HI Nate,

Many thanks for these ideas - our HPC guys are going to try a few things. Hopefully we'll nail the problem and be able to report back in case someone else has the same issues.


Best Wishes,
David.

__________________________________
Dr David A. Matthews

Senior Lecturer in Virology
Room E49
Department of Cellular and Molecular Medicine,
School of Medical Sciences
University Walk,
University of Bristol
Bristol.
BS8 1TD
U.K.

Tel. +44 117 3312058
Fax. +44 117 3312091







On 19 Dec 2011, at 15:56, Nate Coraor wrote:

On Dec 14, 2011, at 6:13 PM, David Matthews wrote:

Hi Guys,

Sorry to be a pain but this seems to be getting worse for us. Here are the latest tracebacks - any suggestions would be gratefully received!!

Hi David,

As the MemoryError indicates, the Galaxy process is running out of memory.  debug = False is preferable, actually.  I asked because having debug = True could easily result in the behavior you're seeing.

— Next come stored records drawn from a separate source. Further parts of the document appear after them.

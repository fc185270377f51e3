-- ===== src/Sdp/Lines.antt =====
-- Lines, written with `\r\n` at their end and read with `getline`.
use cpp_meet.Common.{
  ℕ, ◌≡◌, ◌≢◌, refl, ap, ap₂, sym, ◌∙◌, Bool, true, false, [], ◌∷◌, ◌++◌, ◌==◌, arith,
  if◌then◌else◌, if_elim, Option, none, some, All, append_assoc,
}
use cpp_meet.Wire.{Bytes}
use cpp_meet.Sdp.{Sdp, chomp, cons_line, lines, put, read_line, read_lines}

-- A byte is nowhere in the text.
abbrev pub IsFree : ℕ → Bytes → Type 0
IsFree c text = All (λ b. b ≢ c) text

other_byte : (b c : ℕ) → b ≢ c → (b == c) ≡ false
other_byte b c h = ground arith

lines-line : (l rest : Bytes) → IsFree 10 l → lines (l ++ (10 ∷ rest)) ≡ l ∷ lines rest
unfolding lines
lines-line [] rest h = refl
lines-line (c ∷ cs) rest (d, h) =
    ap₂ (λ t u. if t then [] ∷ u else cons_line c u) (other_byte c 10 d) (lines-line cs rest h)

chomp-line : (l : Bytes) → chomp (l ++ (13 ∷ [])) ≡ l
unfolding chomp
chomp-line [] = refl
chomp-line (c ∷ []) = refl
chomp-line (c ∷ d ∷ cs) = ap (λ t. c ∷ t) (chomp-line (d ∷ cs))

IsFree-return : (l : Bytes) → IsFree 10 l → IsFree 10 (l ++ (13 ∷ []))
IsFree-return [] h = ((λ e. omega arith), tt)
IsFree-return (c ∷ cs) (d, h) = (d, IsFree-return cs h)

-- What a text does to a description.
abbrev pub read : Bytes → Sdp → Option Sdp
read text s = read_lines (lines text) s

abbrev pub read_behind : Bytes → Option Sdp → Option Sdp
read_behind rest none = none
read_behind rest (some t) = read rest t

pub read_line_behind :
    (l rest : Bytes) (s : Sdp) (o : Option Sdp)
    → IsFree 10 l
    → read_line l s ≡ o
    → read (put l rest) s ≡ read_behind rest o
unfolding read_lines
read_line_behind l rest s o h e =
    ap (λ u. read_lines u s)
      (ap lines (sym (append_assoc l (13 ∷ []) (10 ∷ rest)))
        ∙ lines-line (l ++ (13 ∷ [])) rest (IsFree-return l h))
    ∙ ap (λ u. elim (read_line u s) [ none ↦ none | some t ↦ read rest t ]) (chomp-line l)
    ∙ behind (read_line l s)
    ∙ ap (read_behind rest) e
  where
    behind : (o : Option Sdp) → elim o [ none ↦ none | some t ↦ read rest t ] ≡ read_behind rest o
    behind none = refl
    behind (some t) = refl

pub read-put :
    (l rest : Bytes) (s t : Sdp)
    → IsFree 10 l
    → read_line l s ≡ some t
    → read (put l rest) s ≡ read rest t
read-put l rest s t h e = read_line_behind l rest s (some t) h e

-- The byte is nowhere in the text, as a test.
abbrev pub lacks : ℕ → Bytes → Bool
lacks c [] = true
lacks c (b ∷ bs) = if b == c then false else lacks c bs

pub lacks-IsFree : (c : ℕ) (text : Bytes) → lacks c text ≡ true → IsFree c text
lacks-IsFree c [] h = tt
lacks-IsFree c (b ∷ bs) h =
    if_elim (λ t. t ≡ true → IsFree c (b ∷ bs)) (b == c) false (lacks c bs) (λ e f. cc)
      (λ e f. ((λ g. differs b c e g), lacks-IsFree c bs f)) h
  where
    differs : (b c : ℕ) → (b == c) ≡ false → b ≢ c
    differs b c e g = ground arith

The pbs code definitely has a memory leak, I believe within libtorque or pbs_python.  Because of this, I restart my job runner process when it reaches a certain amount of memory usage.  However, this may not be the cause of your errors.  To figure it out, we'll need to know exactly which thread is consuming the memory.  You may want to enable the heartbeat log and look there to see which threads are active.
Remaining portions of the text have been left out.